REQUIRED ACTION >>
Look for the string "AreRows" in the listing below, then copy every line that has it.

"""

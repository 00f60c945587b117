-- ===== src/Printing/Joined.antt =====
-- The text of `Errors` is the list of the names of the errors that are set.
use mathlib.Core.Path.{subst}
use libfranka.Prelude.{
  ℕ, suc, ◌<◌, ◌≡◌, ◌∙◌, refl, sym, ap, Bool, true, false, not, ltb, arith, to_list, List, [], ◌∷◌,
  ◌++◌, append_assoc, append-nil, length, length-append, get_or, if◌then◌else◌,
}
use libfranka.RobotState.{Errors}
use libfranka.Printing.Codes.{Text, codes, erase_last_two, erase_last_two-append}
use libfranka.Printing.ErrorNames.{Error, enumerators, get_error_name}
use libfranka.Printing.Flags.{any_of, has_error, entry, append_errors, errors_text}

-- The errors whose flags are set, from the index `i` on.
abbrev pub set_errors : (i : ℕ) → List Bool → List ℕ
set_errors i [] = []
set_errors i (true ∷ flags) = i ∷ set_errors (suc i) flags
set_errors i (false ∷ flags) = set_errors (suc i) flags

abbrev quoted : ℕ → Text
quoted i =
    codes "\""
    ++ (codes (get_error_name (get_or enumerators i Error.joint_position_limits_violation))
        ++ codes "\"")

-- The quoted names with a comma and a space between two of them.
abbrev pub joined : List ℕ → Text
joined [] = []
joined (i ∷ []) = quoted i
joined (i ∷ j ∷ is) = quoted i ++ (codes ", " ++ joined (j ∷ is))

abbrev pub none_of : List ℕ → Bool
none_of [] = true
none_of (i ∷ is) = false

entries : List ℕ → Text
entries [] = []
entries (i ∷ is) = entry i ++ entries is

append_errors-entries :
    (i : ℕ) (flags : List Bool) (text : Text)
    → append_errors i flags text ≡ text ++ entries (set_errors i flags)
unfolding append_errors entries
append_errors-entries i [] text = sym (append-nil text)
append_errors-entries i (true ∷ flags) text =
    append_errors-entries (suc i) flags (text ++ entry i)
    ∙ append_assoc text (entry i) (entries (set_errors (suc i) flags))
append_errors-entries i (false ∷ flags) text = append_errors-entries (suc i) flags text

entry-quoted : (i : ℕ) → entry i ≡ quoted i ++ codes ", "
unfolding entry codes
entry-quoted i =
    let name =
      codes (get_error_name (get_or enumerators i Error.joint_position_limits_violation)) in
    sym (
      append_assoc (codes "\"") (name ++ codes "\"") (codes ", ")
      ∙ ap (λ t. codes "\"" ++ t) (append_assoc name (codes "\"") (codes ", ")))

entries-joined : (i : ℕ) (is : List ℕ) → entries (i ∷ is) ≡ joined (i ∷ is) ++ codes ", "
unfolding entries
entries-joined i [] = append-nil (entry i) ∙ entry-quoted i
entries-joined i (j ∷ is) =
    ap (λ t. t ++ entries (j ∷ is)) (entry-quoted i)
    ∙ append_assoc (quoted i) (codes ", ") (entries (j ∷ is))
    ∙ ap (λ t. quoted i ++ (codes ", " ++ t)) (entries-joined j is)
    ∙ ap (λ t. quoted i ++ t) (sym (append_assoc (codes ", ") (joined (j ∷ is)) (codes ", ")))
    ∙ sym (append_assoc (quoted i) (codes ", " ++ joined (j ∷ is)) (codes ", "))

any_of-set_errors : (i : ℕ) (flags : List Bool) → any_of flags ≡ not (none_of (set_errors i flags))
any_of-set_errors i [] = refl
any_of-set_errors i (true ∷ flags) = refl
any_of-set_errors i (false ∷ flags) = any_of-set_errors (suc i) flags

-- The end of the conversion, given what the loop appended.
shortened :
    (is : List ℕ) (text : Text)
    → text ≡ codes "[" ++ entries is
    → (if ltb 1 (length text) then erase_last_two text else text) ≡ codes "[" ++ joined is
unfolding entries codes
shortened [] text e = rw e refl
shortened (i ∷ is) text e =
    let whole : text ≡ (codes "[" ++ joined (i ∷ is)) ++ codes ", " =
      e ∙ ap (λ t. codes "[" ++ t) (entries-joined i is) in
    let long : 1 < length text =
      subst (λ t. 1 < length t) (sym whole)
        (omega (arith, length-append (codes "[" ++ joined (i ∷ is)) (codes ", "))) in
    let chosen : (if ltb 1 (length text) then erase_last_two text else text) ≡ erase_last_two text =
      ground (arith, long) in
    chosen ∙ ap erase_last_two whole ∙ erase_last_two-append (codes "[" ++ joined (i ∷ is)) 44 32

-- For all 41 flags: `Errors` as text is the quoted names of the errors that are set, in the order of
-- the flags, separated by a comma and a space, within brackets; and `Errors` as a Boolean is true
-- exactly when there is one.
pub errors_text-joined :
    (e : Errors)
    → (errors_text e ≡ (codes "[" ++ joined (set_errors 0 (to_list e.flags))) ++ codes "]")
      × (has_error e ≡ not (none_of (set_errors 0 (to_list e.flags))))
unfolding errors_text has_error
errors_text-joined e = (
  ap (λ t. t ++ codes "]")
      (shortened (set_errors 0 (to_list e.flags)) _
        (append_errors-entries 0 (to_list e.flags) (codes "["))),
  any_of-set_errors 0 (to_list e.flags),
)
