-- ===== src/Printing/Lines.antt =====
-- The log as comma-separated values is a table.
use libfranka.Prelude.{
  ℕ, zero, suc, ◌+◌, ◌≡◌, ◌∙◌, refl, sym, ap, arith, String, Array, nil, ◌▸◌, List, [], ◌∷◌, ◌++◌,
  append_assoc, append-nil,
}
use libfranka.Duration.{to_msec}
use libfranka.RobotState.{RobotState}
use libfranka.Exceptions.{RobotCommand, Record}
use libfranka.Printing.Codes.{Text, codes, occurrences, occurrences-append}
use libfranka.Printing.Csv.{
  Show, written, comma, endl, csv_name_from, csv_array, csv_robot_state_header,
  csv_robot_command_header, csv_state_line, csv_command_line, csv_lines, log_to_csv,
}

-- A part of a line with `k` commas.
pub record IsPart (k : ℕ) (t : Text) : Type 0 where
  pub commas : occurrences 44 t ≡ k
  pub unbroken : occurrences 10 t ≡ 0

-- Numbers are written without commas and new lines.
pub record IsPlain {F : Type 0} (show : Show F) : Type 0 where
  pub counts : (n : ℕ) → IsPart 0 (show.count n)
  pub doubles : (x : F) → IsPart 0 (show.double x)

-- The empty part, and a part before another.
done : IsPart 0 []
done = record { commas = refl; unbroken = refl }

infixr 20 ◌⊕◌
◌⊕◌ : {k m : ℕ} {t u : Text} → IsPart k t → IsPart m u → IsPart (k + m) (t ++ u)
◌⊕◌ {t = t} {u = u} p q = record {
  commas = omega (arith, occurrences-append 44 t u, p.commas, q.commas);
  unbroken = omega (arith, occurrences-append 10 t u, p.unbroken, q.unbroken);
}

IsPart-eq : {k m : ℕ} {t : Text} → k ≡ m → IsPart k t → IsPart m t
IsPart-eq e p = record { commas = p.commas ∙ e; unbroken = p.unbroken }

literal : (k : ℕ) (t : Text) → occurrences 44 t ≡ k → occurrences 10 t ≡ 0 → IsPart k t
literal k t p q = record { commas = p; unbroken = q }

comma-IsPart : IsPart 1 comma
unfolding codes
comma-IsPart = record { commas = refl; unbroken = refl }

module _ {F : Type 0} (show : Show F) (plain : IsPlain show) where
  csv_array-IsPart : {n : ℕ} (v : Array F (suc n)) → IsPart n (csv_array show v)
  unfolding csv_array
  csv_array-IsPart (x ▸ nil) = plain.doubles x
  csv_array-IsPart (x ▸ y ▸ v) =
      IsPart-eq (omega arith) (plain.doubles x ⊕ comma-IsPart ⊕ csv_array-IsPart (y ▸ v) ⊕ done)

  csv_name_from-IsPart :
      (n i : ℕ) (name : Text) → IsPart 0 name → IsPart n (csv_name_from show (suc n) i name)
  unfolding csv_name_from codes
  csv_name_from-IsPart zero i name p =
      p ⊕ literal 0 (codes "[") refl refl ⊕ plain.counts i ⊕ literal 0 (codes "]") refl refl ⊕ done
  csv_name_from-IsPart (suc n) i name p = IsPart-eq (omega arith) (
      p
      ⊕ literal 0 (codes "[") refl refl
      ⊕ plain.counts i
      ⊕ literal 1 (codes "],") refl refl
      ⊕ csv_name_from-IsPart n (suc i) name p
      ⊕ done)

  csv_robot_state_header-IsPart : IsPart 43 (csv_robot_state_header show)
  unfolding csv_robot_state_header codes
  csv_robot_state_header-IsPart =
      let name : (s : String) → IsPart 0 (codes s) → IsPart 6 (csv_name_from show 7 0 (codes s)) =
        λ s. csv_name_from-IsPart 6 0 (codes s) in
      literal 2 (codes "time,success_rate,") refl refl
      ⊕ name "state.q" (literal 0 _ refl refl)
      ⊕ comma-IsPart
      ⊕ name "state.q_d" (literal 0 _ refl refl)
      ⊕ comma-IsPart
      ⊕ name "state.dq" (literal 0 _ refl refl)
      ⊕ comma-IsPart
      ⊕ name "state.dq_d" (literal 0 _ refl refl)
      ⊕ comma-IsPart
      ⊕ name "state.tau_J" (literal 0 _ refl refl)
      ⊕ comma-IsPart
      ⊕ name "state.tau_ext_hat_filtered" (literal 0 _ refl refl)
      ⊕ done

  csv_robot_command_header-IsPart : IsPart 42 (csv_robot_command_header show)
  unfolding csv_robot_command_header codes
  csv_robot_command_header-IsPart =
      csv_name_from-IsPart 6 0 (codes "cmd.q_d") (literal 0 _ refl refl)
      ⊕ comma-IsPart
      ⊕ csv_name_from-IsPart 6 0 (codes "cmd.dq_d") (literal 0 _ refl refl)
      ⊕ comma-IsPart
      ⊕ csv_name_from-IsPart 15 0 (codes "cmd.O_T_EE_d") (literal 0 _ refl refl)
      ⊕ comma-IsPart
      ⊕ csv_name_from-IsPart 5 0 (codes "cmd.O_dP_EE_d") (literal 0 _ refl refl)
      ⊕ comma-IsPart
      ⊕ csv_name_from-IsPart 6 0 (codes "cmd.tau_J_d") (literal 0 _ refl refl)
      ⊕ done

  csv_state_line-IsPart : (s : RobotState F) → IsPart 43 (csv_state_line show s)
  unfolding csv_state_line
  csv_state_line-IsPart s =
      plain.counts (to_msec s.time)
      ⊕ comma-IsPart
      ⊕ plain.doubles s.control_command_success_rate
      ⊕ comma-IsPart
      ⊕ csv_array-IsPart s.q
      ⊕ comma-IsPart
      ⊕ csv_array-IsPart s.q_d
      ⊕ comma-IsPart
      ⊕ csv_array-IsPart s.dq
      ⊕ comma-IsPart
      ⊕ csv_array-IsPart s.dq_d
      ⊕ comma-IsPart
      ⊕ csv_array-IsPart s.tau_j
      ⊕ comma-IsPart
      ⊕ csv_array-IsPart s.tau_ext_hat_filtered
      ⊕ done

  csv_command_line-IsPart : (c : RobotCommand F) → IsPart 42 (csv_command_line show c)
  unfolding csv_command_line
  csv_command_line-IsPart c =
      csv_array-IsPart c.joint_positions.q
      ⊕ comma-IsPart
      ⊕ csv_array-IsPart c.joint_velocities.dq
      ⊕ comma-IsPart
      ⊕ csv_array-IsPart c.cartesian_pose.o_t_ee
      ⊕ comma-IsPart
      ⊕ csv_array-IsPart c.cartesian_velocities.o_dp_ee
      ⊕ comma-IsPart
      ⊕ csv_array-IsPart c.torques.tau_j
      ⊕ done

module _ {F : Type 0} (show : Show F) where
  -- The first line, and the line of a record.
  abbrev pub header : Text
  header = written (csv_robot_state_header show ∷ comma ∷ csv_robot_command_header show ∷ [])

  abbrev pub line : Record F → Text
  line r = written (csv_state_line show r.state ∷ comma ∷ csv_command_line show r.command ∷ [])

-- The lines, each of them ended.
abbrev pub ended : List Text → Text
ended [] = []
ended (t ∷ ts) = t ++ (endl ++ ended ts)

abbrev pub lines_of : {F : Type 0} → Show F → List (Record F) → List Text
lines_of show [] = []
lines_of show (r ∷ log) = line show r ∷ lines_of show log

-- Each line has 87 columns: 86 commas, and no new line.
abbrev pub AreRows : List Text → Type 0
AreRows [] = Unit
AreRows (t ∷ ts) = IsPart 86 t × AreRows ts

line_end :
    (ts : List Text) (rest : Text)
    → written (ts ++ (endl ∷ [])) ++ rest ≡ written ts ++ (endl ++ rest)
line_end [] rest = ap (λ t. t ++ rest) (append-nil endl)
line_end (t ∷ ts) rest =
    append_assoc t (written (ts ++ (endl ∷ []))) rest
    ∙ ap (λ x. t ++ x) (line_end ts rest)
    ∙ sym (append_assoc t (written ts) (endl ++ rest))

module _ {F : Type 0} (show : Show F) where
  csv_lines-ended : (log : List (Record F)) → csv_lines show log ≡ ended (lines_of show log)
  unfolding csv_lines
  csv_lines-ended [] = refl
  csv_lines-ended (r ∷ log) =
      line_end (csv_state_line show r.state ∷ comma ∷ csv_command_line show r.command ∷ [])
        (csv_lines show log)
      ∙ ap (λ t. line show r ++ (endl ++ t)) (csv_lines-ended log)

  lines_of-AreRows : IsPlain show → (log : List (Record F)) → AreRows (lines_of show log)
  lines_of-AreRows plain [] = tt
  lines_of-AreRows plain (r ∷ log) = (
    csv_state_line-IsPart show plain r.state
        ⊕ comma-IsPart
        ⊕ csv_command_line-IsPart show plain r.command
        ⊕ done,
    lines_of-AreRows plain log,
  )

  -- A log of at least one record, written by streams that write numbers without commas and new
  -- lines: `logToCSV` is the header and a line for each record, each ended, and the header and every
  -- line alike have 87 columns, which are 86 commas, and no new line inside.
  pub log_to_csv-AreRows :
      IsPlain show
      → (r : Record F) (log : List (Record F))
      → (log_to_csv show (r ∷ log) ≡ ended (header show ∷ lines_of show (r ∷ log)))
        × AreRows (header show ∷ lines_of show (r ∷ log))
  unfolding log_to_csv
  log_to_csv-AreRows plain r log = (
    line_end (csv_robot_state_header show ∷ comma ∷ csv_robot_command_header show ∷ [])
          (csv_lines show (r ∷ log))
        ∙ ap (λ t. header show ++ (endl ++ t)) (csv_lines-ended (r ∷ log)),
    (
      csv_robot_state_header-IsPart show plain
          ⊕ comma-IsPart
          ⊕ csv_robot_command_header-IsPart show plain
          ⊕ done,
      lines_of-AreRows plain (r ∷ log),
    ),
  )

"""

REPLY TO THE TASK >>
abbrev pub AreRows : List Text → Type 0
AreRows [] = Unit
AreRows (t ∷ ts) = IsPart 86 t × AreRows ts
  lines_of-AreRows : IsPlain show → (log : List (Record F)) → AreRows (lines_of show log)
  lines_of-AreRows plain [] = tt
  lines_of-AreRows plain (r ∷ log) = (
    lines_of-AreRows plain log,
  pub log_to_csv-AreRows :
        × AreRows (header show ∷ lines_of show (r ∷ log))
  log_to_csv-AreRows plain r log = (
      lines_of-AreRows plain (r ∷ log),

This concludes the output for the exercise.